Physiology and morphology indicate that individual spinal interneurons contribute to diverse limb movements.

Overlapping neuronal networks have been shown to generate a variety of behaviors or motor patterns in invertebrates, but the evidence for this is more circumstantial in vertebrates. The turtle spinal cord can produce multiple forms of hindlimb scratching movements as well as hindlimb withdrawal, but it is still uncertain whether individual spinal cord interneurons contribute to the motor output for more than one type of limb motor pattern. In this study, individual spinal cord interneurons were recorded intracellularly in vivo in spinal immobilized turtles, and, after characterization, were filled with Neurobiotin. Interneurons that were rhythmically activated during multiple forms of ipsilateral fictive hindlimb scratching often had axon-terminal arborizations in the ventral horn of the spinal cord hindlimb enlargement.

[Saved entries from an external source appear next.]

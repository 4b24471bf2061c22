-- ===== src/Recovery/Order.antt =====
-- What holds in each state of the two processes: the background process goes on only when the
-- foreground has mapped all the regions.
use persimmon.Base.{
  ℕ, suc, ◌≡◌, refl, sym, ap, ap₂, inl, inr, subst, ◌∙◌, true, false, List, [], ◌∷◌, ◌++◌, map,
  Memory, arith, append_assoc, append-nil, All,
}
use persimmon.Region.{Region}
use persimmon.RegionManager.{RegionManager, send_regions}
use persimmon.RegionFile.{Try, ok}
use persimmon.Recovery.{pos, Message, region, tail, recovery_messages, is_sentinel}
use persimmon.Recovery.Steps.{
  Background, sending, waiting, resumed, Foreground, mapping, reading_tail, signalling, signalled,
  returned, failed_to_close, returned_error, System, Step, send, close_btf, resume, map_region,
  read_sentinel, read_tail, signal, close_ftb, fail, BeforeByte, Failure, fail_call, fail_close,
  abort, Run, here, next, fails, unsent, start,
}
use persimmon.Recovery.Places.{
  false≢true, Early, Woken, Alive, NotResumed, wakes, Early-NotResumed, HasSignalled, NotSentinel,
  load_all, load_all-append,
}

module _ (capacity : ℕ) (load : Region → Memory → Try Memory) (mrm : RegionManager)
    (recovered_tail : ℕ) (m₀ : Memory) where
  -- What is on its way behind the regions that are still to be mapped.
  abbrev behind : List Region → List Message
  behind todo =
      map region (todo ++ (record { base = 0; size = 0; file_id = 0 } ∷ []))
      ++ (tail (pos recovered_tail) ∷ [])

  -- By the place of the foreground: what is sent or still to be sent, the byte in the other pipe,
  -- where the background process is, and the memory.
  abbrev pub Expect : Foreground → List Message → ℕ → Background → Memory → Type 0
  Expect (mapping rs) stream ftb b m =
      (todo : List Region) × (rs ++ todo ≡ mrm.regions)
      × All NotSentinel todo
      × (stream ≡ behind todo)
      × (ftb ≡ 0)
      × Early b
      × (load_all load rs m₀ ≡ ok m)
  Expect (reading_tail rs) stream ftb b m =
      (rs ≡ mrm.regions)
      × (stream ≡ tail (pos recovered_tail) ∷ [])
      × (ftb ≡ 0)
      × Early b
      × (load_all load rs m₀ ≡ ok m)
  Expect (signalling rs t) stream ftb b m =
      (rs ≡ mrm.regions)
      × (t ≡ pos recovered_tail)
      × (stream ≡ [])
      × (ftb ≡ 0)
      × Early b
      × (load_all load rs m₀ ≡ ok m)
  Expect (signalled rs t) stream ftb b m =
      (rs ≡ mrm.regions)
      × (t ≡ pos recovered_tail)
      × (stream ≡ [])
      × Woken ftb b
      × (load_all load rs m₀ ≡ ok m)
  Expect (returned rs t) stream ftb b m =
      (rs ≡ mrm.regions)
      × (t ≡ pos recovered_tail)
      × (stream ≡ [])
      × Woken ftb b
      × (load_all load rs m₀ ≡ ok m)
  Expect (failed_to_close rs t e) stream ftb b m =
      (rs ≡ mrm.regions)
      × (t ≡ pos recovered_tail)
      × (stream ≡ [])
      × Woken ftb b
      × (load_all load rs m₀ ≡ ok m)
  Expect (returned_error e) stream ftb b m = (ftb ≡ 0) × NotResumed b

  abbrev pub Known : System → Type 0
  Known s = Expect s.foreground (s.btf ++ unsent s.background) s.ftb s.background s.memory

  -- Nothing is known when the background process has failed an assertion.
  abbrev pub Inv : System → Type 0
  Inv s = Alive s.background → Known s

  -- The invariant where the foreground and the first pipe are known.
  at_foreground :
      (s : System) (f : Foreground)
      → s.foreground ≡ f
      → (btf : List Message) → s.btf ≡ btf
      → Known s
      → Expect f (btf ++ unsent s.background) s.ftb s.background s.memory
  at_foreground s f e btf e' i =
      subst (λ pipe. Expect f (pipe ++ unsent s.background) s.ftb s.background s.memory) e'
        (subst (λ f'. Expect f' (s.btf ++ unsent s.background) s.ftb s.background s.memory) e i)

  sent :
      (f : Foreground) (stream : List Message) (ftb : ℕ) (m : Memory) (msg : Message)
      (rest : List Message)
      → Expect f stream ftb (sending (msg ∷ rest)) m
      → Expect f stream ftb (sending rest) m
  sent (mapping rs) stream ftb m msg rest x = x
  sent (reading_tail rs) stream ftb m msg rest x = x
  sent (signalling rs t) stream ftb m msg rest x = x
  sent (signalled rs t) stream ftb m msg rest x = x
  sent (returned rs t) stream ftb m msg rest x = x
  sent (failed_to_close rs t e) stream ftb m msg rest x = x
  sent (returned_error e) stream ftb m msg rest x = x

  closed :
      (f : Foreground) (stream : List Message) (ftb : ℕ) (m : Memory)
      → Expect f stream ftb (sending []) m
      → Expect f stream ftb waiting m
  closed (mapping rs) stream ftb m x = x
  closed (reading_tail rs) stream ftb m x = x
  closed (signalling rs t) stream ftb m x = x
  closed (signalled rs t) stream ftb m x = x
  closed (returned rs t) stream ftb m x = x
  closed (failed_to_close rs t e) stream ftb m x = x
  closed (returned_error e) stream ftb m x = x

  woken :
      (f : Foreground) (stream : List Message) (ftb n : ℕ) (m : Memory)
      → ftb ≡ suc n
      → Expect f stream ftb waiting m
      → Expect f stream n resumed m
  woken (mapping rs) stream ftb n m e (todo, r, a, s, z, y, x) = absurd (ground arith)
  woken (reading_tail rs) stream ftb n m e (r, s, z, y, x) = absurd (ground arith)
  woken (signalling rs t) stream ftb n m e (r, t', s, z, y, x) = absurd (ground arith)
  woken (signalled rs t) stream ftb n m e (r, t', s, z, x) = (r, t', s, tt, x)
  woken (returned rs t) stream ftb n m e (r, t', s, z, x) = (r, t', s, tt, x)
  woken (failed_to_close rs t e') stream ftb n m e (r, t', s, z, x) = (r, t', s, tt, x)
  woken (returned_error e') stream ftb n m e (z, x) = absurd (ground arith)

  -- The region that is next in the pipe is the next of those to be mapped.
  mapped_next :
      (rs : List Region) (r : Region) (rest : List Message) (ftb : ℕ) (b : Background)
      (m m' : Memory)
      → is_sentinel r ≡ false
      → load r m ≡ ok m'
      → Expect (mapping rs) (region r ∷ rest) ftb b m
      → Expect (mapping (rs ++ (r ∷ []))) rest ftb b m'
  mapped_next rs r rest ftb b m m' n l ([], e, a, s, z, y, x) =
      let same : r ≡ record { base = 0; size = 0; file_id = 0 } = cc in
      absurd (false≢true (sym n ∙ ap is_sentinel same))
  mapped_next rs r rest ftb b m m' n l (r' ∷ todo, e, a, s, z, y, x) =
      let same : r ≡ r' = cc in
      let later : rest ≡ behind todo = cc in
      (
        todo,
        append_assoc rs (r ∷ []) todo ∙ (ap (λ (r : Region). rs ++ (r ∷ todo)) same ∙ e),
        a.1,
        later,
        z,
        y,
        load_all-append load rs r m₀ ∙ rw x l,
      )

  sentinel_next :
      (rs : List Region) (r : Region) (rest : List Message) (ftb : ℕ) (b : Background) (m : Memory)
      → is_sentinel r ≡ true
      → Expect (mapping rs) (region r ∷ rest) ftb b m
      → Expect (reading_tail rs) rest ftb b m
  sentinel_next rs r rest ftb b m n ([], e, a, s, z, y, x) = (sym (append-nil rs) ∙ e, cc, z, y, x)
  sentinel_next rs r rest ftb b m n (r' ∷ todo, e, a, s, z, y, x) =
      let same : r ≡ r' = cc in absurd (false≢true (sym (a.0) ∙ (ap is_sentinel (sym same) ∙ n)))

  Step-Inv : (s s' : System) → Step capacity load s s' → Inv s → Inv s'
  Step-Inv s _ (send _ msg rest e l) inv alive =
      let i = inv (subst Alive (sym e) tt) in
      let j = subst (λ b. Expect s.foreground (s.btf ++ unsent b) s.ftb b s.memory) e i in
      sent s.foreground _ s.ftb s.memory msg rest (
        subst (λ stream. Expect s.foreground stream s.ftb (sending (msg ∷ rest)) s.memory)
          (sym (append_assoc s.btf (msg ∷ []) rest)) j)
  Step-Inv s _ (close_btf _ e) inv alive = closed s.foreground _ s.ftb s.memory (
      subst (λ b. Expect s.foreground (s.btf ++ unsent b) s.ftb b s.memory) e
        (inv (subst Alive (sym e) tt)))
  Step-Inv s _ (resume _ n e e') inv alive = woken s.foreground _ s.ftb n s.memory e' (
      subst (λ b. Expect s.foreground (s.btf ++ unsent b) s.ftb b s.memory) e
        (inv (subst Alive (sym e) tt)))
  Step-Inv s _ (map_region _ mapped r rest m f e n l) inv alive =
      mapped_next mapped r _ s.ftb s.background s.memory m n l (at_foreground s _ f _ e (inv alive))
  Step-Inv s _ (read_sentinel _ mapped r rest f e n) inv alive =
      sentinel_next mapped r _ s.ftb s.background s.memory n (at_foreground s _ f _ e (inv alive))
  Step-Inv s _ (read_tail _ mapped t rest f e) inv alive =
      let (r, stream, z, y, x) = at_foreground s _ f _ e (inv alive) in
      let same : t ≡ pos recovered_tail = cc in
      let empty : rest ++ unsent s.background ≡ [] = cc in (r, same, empty, z, y, x)
  Step-Inv s _ (signal _ mapped t f) inv alive =
      let (r, e, stream, z, y, x) = at_foreground s _ f _ refl (inv alive) in
      (r, e, stream, wakes s.background (suc s.ftb) (ap suc z) y, x)
  Step-Inv s _ (close_ftb _ mapped t f) inv alive = at_foreground s _ f _ refl (inv alive)
  Step-Inv s _ (fail _ mapped r rest e f b n l) inv alive =
      let (todo, e', a, stream, z, y, x) = at_foreground s _ f _ b (inv alive) in
      (z, Early-NotResumed s.background y)

  failing :
      (f : Foreground) (stream : List Message) (ftb : ℕ) (b : Background) (m : Memory)
      → BeforeByte f
      → Expect f stream ftb b m
      → (ftb ≡ 0) × NotResumed b
  failing (mapping rs) stream ftb b m h (todo, e, a, s, z, y, x) = (z, Early-NotResumed b y)
  failing (reading_tail rs) stream ftb b m h (e, s, z, y, x) = (z, Early-NotResumed b y)
  failing (signalling rs t) stream ftb b m h (e, e', s, z, y, x) = (z, Early-NotResumed b y)
  failing (signalled rs t) stream ftb b m h x = absurd h
  failing (returned rs t) stream ftb b m h x = absurd h
  failing (failed_to_close rs t e) stream ftb b m h x = absurd h
  failing (returned_error e) stream ftb b m h x = absurd h

  Failure-Inv : (s s' : System) → Failure capacity load s s' → Inv s → Inv s'
  Failure-Inv s _ (fail_call _ e h) inv alive =
      failing s.foreground _ s.ftb s.background s.memory h (inv alive)
  Failure-Inv s _ (fail_close _ mapped t e f) inv alive = at_foreground s _ f _ refl (inv alive)
  Failure-Inv s _ (abort _ h) inv alive = absurd alive

  start-Inv : All NotSentinel mrm.regions → Inv (start mrm recovered_tail m₀)
  unfolding recovery_messages send_regions
  start-Inv a alive = (mrm.regions, refl, a, refl, refl, tt, refl)

  pub Run-Inv :
      (s : System)
      → All NotSentinel mrm.regions
      → Run capacity load (start mrm recovered_tail m₀) s
      → Inv s
  Run-Inv _ a here = start-Inv a
  Run-Inv _ a (next {s = s} {s' = s'} run step) = Step-Inv s s' step (Run-Inv s a run)
  Run-Inv _ a (fails {s = s} {s' = s'} run failure) = Failure-Inv s s' failure (Run-Inv s a run)

  resumed_cases :
      (f : Foreground) (stream : List Message) (ftb : ℕ) (m : Memory)
      → Expect f stream ftb resumed m
      → HasSignalled mrm.regions (pos recovered_tail) f × (load_all load mrm.regions m₀ ≡ ok m)
  resumed_cases (mapping rs) stream ftb m (todo, e, a, s, z, y, x) = absurd y
  resumed_cases (reading_tail rs) stream ftb m (e, s, z, y, x) = absurd y
  resumed_cases (signalling rs t) stream ftb m (e, e', s, z, y, x) = absurd y
  resumed_cases (signalled rs t) stream ftb m (e, e', s, z, x) =
      (inl (ap₂ signalled e e'), subst (λ rs. load_all load rs m₀ ≡ ok m) e x)
  resumed_cases (returned rs t) stream ftb m (e, e', s, z, x) =
      (inr (inl (ap₂ returned e e')), subst (λ rs. load_all load rs m₀ ≡ ok m) e x)
  resumed_cases (failed_to_close rs t err) stream ftb m (e, e', s, z, x) = (
    inr (inr (err, ap₂ (λ rs t. failed_to_close rs t err) e e')),
    subst (λ rs. load_all load rs m₀ ≡ ok m) e x,
  )
  resumed_cases (returned_error e) stream ftb m (z, y) = absurd y

  -- Whatever the order of the steps, and whatever system calls fail: when the background process goes on
  -- behind the recovery, the foreground has mapped all the regions of the manager, in order, its memory
  -- is what loading them one after another gives, and it has read the tail that was sent. It closes its
  -- pipe, or has returned with that tail stored, or has returned the error of that close, with the tail
  -- not stored. This is so if no region is empty.
  pub resumed-returned :
      (s : System)
      → All NotSentinel mrm.regions
      → Run capacity load (start mrm recovered_tail m₀) s
      → s.background ≡ resumed
      → HasSignalled mrm.regions (pos recovered_tail) s.foreground
        × (load_all load mrm.regions m₀ ≡ ok s.memory)
  resumed-returned s a run e = resumed_cases s.foreground _ s.ftb s.memory (
      subst (λ b. Expect s.foreground (s.btf ++ unsent b) s.ftb b s.memory) e
        (Run-Inv s a run (subst Alive (sym e) tt)))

This provides some of the strongest evidence to date that interneurons involved in multiple forms of scratching contribute directly to hindlimb motor output. Moreover, most of these interneurons were also active during contralateral fictive scratching and during ipsilateral fictive hindlimb withdrawal, suggesting that they contribute to motor output for these additional behaviors as well. Such interneurons may provide the cellular basis for the contralateral contributions to ipsilateral scratching that have been demonstrated previously. Taken together, these findings suggest that diverse vertebrate limb movements are produced by spinal cord interneuronal networks that include some shared components.